Dataset entries
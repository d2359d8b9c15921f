-- ===== src/Channel/Tests.antt =====
-- Two packets over a session, and the theorem applied to them.
use transfer_udt.Common.{◌≡◌, refl, true, some, [], ◌∷◌, replicate, arith}
use transfer_udt.Common.Bytes.{Bytes, codes}
use transfer_udt.ChunkMetadata.{empty_chunk}
use transfer_udt.ChunkPacketParser.Packet.{store}
use transfer_udt.ChunkPacketParser.Tests.{posix, small_message, small_message-IsAcceptable}
use transfer_udt.SecurePacket.Crypto.{CryptoOps, opened}
use transfer_udt.SecurePacket.Hex.{is_lower_hex, is_valid_session_id}
use transfer_udt.SecurePacket.RoundTrip.{CryptoLaws}
use transfer_udt.NetworkManager.SendChunk.{
  SecureConnection, set_secure_session_id, secure_key_for_connection,
}
use transfer_udt.Server.ClientHandler.{Session}
use transfer_udt.Channel.{transmit, transmit-map, IsLinked}

-- A cipher that hides nothing, with a constant tag.
abbrev toy : CryptoOps
toy = record {
  hkdf = λ psk. some (replicate 32 1);
  gcm_encrypt = λ key nonce aad plain. some (plain, replicate 16 0);
  gcm_decrypt = λ key nonce tag aad cipher. opened cipher;
}

toy-laws : CryptoLaws toy
toy-laws = record {
  cipher_length = λ key nonce aad plain cipher tag h. ground (arith, h);
  tag_length = λ key nonce aad plain cipher tag h. ground (arith, h);
  undone = λ key nonce aad plain cipher tag h. ground (arith, h);
}

abbrev session_id : Bytes
session_id = replicate 32 b'a'

abbrev connection : SecureConnection
connection = record {
  secure_session_key = codes "secret";
  secure_session_id = session_id;
  next_secure_outbound_sequence = 1;
}

-- It is what setSecureSessionId leaves.
connection_set :
    set_secure_session_id session_id
      (record connection { secure_session_id = []; next_secure_outbound_sequence = 9 })
    ≡ some connection
unfolding set_secure_session_id
connection_set = refl

abbrev session : Session
session = record {
  pre_shared_key = codes "secret";
  session_id = session_id;
  expected_secure_inbound_sequence = 1;
  next_secure_outbound_sequence = 1;
  running = true;
  connected = true;
}

linked : IsLinked toy [] (replicate 32 1) connection session
unfolding is_valid_session_id is_lower_hex secure_key_for_connection
linked = record {
  same_id = refl;
  valid = refl;
  same_key = refl;
  has_key = omega arith;
  derived = refl;
  same_number = refl;
  positive = omega arith;
}

abbrev nonce : Bytes
nonce = replicate 12 9

transmit-map_example :
    transmit toy posix [] ((nonce, small_message) ∷ (nonce, small_message) ∷ []) connection session
    ≡ some (store small_message empty_chunk) ∷ some (store small_message empty_chunk) ∷ []
transmit-map_example =
    transmit-map toy toy-laws posix [] (replicate 32 1) (λ nonce aad plain. plain)
      (λ nonce aad plain. replicate 16 0) (λ nonce aad plain. refl)
      ((nonce, small_message) ∷ (nonce, small_message) ∷ []) connection session
      ((refl, small_message-IsAcceptable), ((refl, small_message-IsAcceptable), tt)) linked
      (omega arith)
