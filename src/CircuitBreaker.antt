-- ===== src/CircuitBreaker.antt =====
-- TransferCore/CircuitBreaker.h and .cpp. The steady clock's reading, in nanoseconds, is an
-- argument `now` of the two methods that read it; logging is left out, and each method's body runs
-- under one lock, so a method is one step. The threshold and the count are an `int` in the source: the
-- model takes thresholds that are not negative, and counts that stay below 2 ^ 31.
pub mod History
mod Tests
use transfer_udt.Common.{
  ℕ, suc, ◌+◌, ◌-◌, ◌*◌, List, [], ◌∷◌, Bool, true, false, ◌&&◌, ◌||◌, ltb, leb, if◌then◌else◌,
}
use transfer_udt.Common.Bytes.{Bytes, codes}

pub data State : Type 0 where
  closed opened half_open : State

pub record CircuitBreaker : Type 0 where
  pub failure_count : ℕ
  pub last_failure : ℕ
  pub reset_timeout : ℕ  -- seconds
  pub failure_threshold : ℕ
  pub state : State
  pub service_name : Bytes

-- The constructor. A default-constructed time point is the clock's epoch.
unfoldable pub new : Bytes → ℕ → ℕ → CircuitBreaker
new service threshold timeout = record {
  failure_count = 0;
  last_failure = 0;
  reset_timeout = timeout;
  failure_threshold = threshold;
  state = State.closed;
  service_name = service;
}

abbrev pub is_opened : State → Bool
is_opened State.opened = true
is_opened _ = false

abbrev pub is_half_open : State → Bool
is_half_open State.half_open = true
is_half_open _ = false

abbrev pub is_closed : State → Bool
is_closed State.closed = true
is_closed _ = false

abbrev pub nanos_per_second : ℕ
nanos_per_second = 1_000_000_000

unfoldable pub should_attempt : ℕ → CircuitBreaker → CircuitBreaker × Bool
should_attempt now c =
    if is_opened c.state
    then (if leb (c.reset_timeout * nanos_per_second) (now - c.last_failure)
        then (record c { state = State.half_open }, true)
        else (c, false))
    else (c, true)

unfoldable pub report_success : CircuitBreaker → CircuitBreaker
report_success c = record c { failure_count = 0; state = State.closed }

unfoldable pub report_failure : ℕ → CircuitBreaker → CircuitBreaker
report_failure now c =
    let d = record c { failure_count = c.failure_count + 1; last_failure = now } in
    if is_half_open d.state || is_closed d.state && leb d.failure_threshold d.failure_count
    then record d { state = State.opened }
    else d

unfoldable pub is_circuit_open : CircuitBreaker → Bool
is_circuit_open c = is_opened c.state

unfoldable pub get_failure_count : CircuitBreaker → ℕ
get_failure_count c = c.failure_count

unfoldable pub reset : CircuitBreaker → CircuitBreaker
reset c = record c { failure_count = 0; state = State.closed }

abbrev state_string : State → Bytes
state_string State.closed = codes "CLOSED"
state_string State.opened = codes "OPEN"
state_string State.half_open = codes "HALF_OPEN"

unfoldable pub get_state_string : CircuitBreaker → Bytes
get_state_string c = state_string c.state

What the exercise asks: Your answer should be the records themselves, returned word for word.

Answer space:
repository d2359d8b9c15921f
-- ===== src/Channel/Tests.antt =====
-- Two packets over a session, and the theorem applied to them.
use transfer_udt.Common.{◌≡◌, refl, true, some, [], ◌∷◌, replicate, arith}
use transfer_udt.Common.Bytes.{Bytes, codes}
use transfer_udt.ChunkMetadata.{empty_chunk}
use transfer_udt.ChunkPacketParser.Packet.{store}
use transfer_udt.ChunkPacketParser.Tests.{posix, small_message, small_message-IsAcceptable}
use transfer_udt.SecurePacket.Crypto.{CryptoOps, opened}
use transfer_udt.SecurePacket.Hex.{is_lower_hex, is_valid_session_id}
use transfer_udt.SecurePacket.RoundTrip.{CryptoLaws}
use transfer_udt.NetworkManager.SendChunk.{
  SecureConnection, set_secure_session_id, secure_key_for_connection,
}
use transfer_udt.Server.ClientHandler.{Session}
use transfer_udt.Channel.{transmit, transmit-map, IsLinked}

-- A cipher that hides nothing, with a constant tag.
abbrev toy : CryptoOps
toy = record {
  hkdf = λ psk. some (replicate 32 1);
  gcm_encrypt = λ key nonce aad plain. some (plain, replicate 16 0);
  gcm_decrypt = λ key nonce tag aad cipher. opened cipher;
}

toy-laws : CryptoLaws toy
toy-laws = record {
  cipher_length = λ key nonce aad plain cipher tag h. ground (arith, h);
  tag_length = λ key nonce aad plain cipher tag h. ground (arith, h);
  undone = λ key nonce aad plain cipher tag h. ground (arith, h);
}

abbrev session_id : Bytes
session_id = replicate 32 b'a'

abbrev connection : SecureConnection
connection = record {
  secure_session_key = codes "secret";
  secure_session_id = session_id;
  next_secure_outbound_sequence = 1;
}

-- It is what setSecureSessionId leaves.
connection_set :
    set_secure_session_id session_id
      (record connection { secure_session_id = []; next_secure_outbound_sequence = 9 })
    ≡ some connection
unfolding set_secure_session_id
connection_set = refl

abbrev session : Session
session = record {
  pre_shared_key = codes "secret";
  session_id = session_id;
  expected_secure_inbound_sequence = 1;
  next_secure_outbound_sequence = 1;
  running = true;
  connected = true;
}

linked : IsLinked toy [] (replicate 32 1) connection session
unfolding is_valid_session_id is_lower_hex secure_key_for_connection
linked = record {
  same_id = refl;
  valid = refl;
  same_key = refl;
  has_key = omega arith;
  derived = refl;
  same_number = refl;
  positive = omega arith;
}

abbrev nonce : Bytes
nonce = replicate 12 9

transmit-map_example :
    transmit toy posix [] ((nonce, small_message) ∷ (nonce, small_message) ∷ []) connection session
    ≡ some (store small_message empty_chunk) ∷ some (store small_message empty_chunk) ∷ []
transmit-map_example =
    transmit-map toy toy-laws posix [] (replicate 32 1) (λ nonce aad plain. plain)
      (λ nonce aad plain. replicate 16 0) (λ nonce aad plain. refl)
      ((nonce, small_message) ∷ (nonce, small_message) ∷ []) connection session
      ((refl, small_message-IsAcceptable), ((refl, small_message-IsAcceptable), tt)) linked
      (omega arith)
filename src/CircuitBreaker.antt
-- ===== src/CircuitBreaker.antt =====
-- TransferCore/CircuitBreaker.h and .cpp. The steady clock's reading, in nanoseconds, is an
-- argument `now` of the two methods that read it; logging is left out, and each method's body runs
-- under one lock, so a method is one step. The threshold and the count are an `int` in the source: the
-- model takes thresholds that are not negative, and counts that stay below 2 ^ 31.
pub mod History
mod Tests
use transfer_udt.Common.{
  ℕ, suc, ◌+◌, ◌-◌, ◌*◌, List, [], ◌∷◌, Bool, true, false, ◌&&◌, ◌||◌, ltb, leb, if◌then◌else◌,
}
use transfer_udt.Common.Bytes.{Bytes, codes}

pub data State : Type 0 where
  closed opened half_open : State

pub record CircuitBreaker : Type 0 where
  pub failure_count : ℕ
  pub last_failure : ℕ
  pub reset_timeout : ℕ  -- seconds
  pub failure_threshold : ℕ
  pub state : State
  pub service_name : Bytes

-- The constructor. A default-constructed time point is the clock's epoch.
unfoldable pub new : Bytes → ℕ → ℕ → CircuitBreaker
new service threshold timeout = record {
  failure_count = 0;
  last_failure = 0;
  reset_timeout = timeout;
  failure_threshold = threshold;
  state = State.closed;
  service_name = service;
}

abbrev pub is_opened : State → Bool
is_opened State.opened = true
is_opened _ = false

abbrev pub is_half_open : State → Bool
is_half_open State.half_open = true
is_half_open _ = false

abbrev pub is_closed : State → Bool
is_closed State.closed = true
is_closed _ = false

abbrev pub nanos_per_second : ℕ
nanos_per_second = 1_000_000_000

unfoldable pub should_attempt : ℕ → CircuitBreaker → CircuitBreaker × Bool
should_attempt now c =
    if is_opened c.state
    then (if leb (c.reset_timeout * nanos_per_second) (now - c.last_failure)
        then (record c { state = State.half_open }, true)
        else (c, false))
    else (c, true)

unfoldable pub report_success : CircuitBreaker → CircuitBreaker
report_success c = record c { failure_count = 0; state = State.closed }

unfoldable pub report_failure : ℕ → CircuitBreaker → CircuitBreaker
report_failure now c =
    let d = record c { failure_count = c.failure_count + 1; last_failure = now } in
    if is_half_open d.state || is_closed d.state && leb d.failure_threshold d.failure_count
    then record d { state = State.opened }
    else d

unfoldable pub is_circuit_open : CircuitBreaker → Bool
is_circuit_open c = is_opened c.state

unfoldable pub get_failure_count : CircuitBreaker → ℕ
get_failure_count c = c.failure_count

unfoldable pub reset : CircuitBreaker → CircuitBreaker
reset c = record c { failure_count = 0; state = State.closed }

abbrev state_string : State → Bytes
state_string State.closed = codes "CLOSED"
state_string State.opened = codes "OPEN"
state_string State.half_open = codes "HALF_OPEN"

unfoldable pub get_state_string : CircuitBreaker → Bytes
get_state_string c = state_string c.state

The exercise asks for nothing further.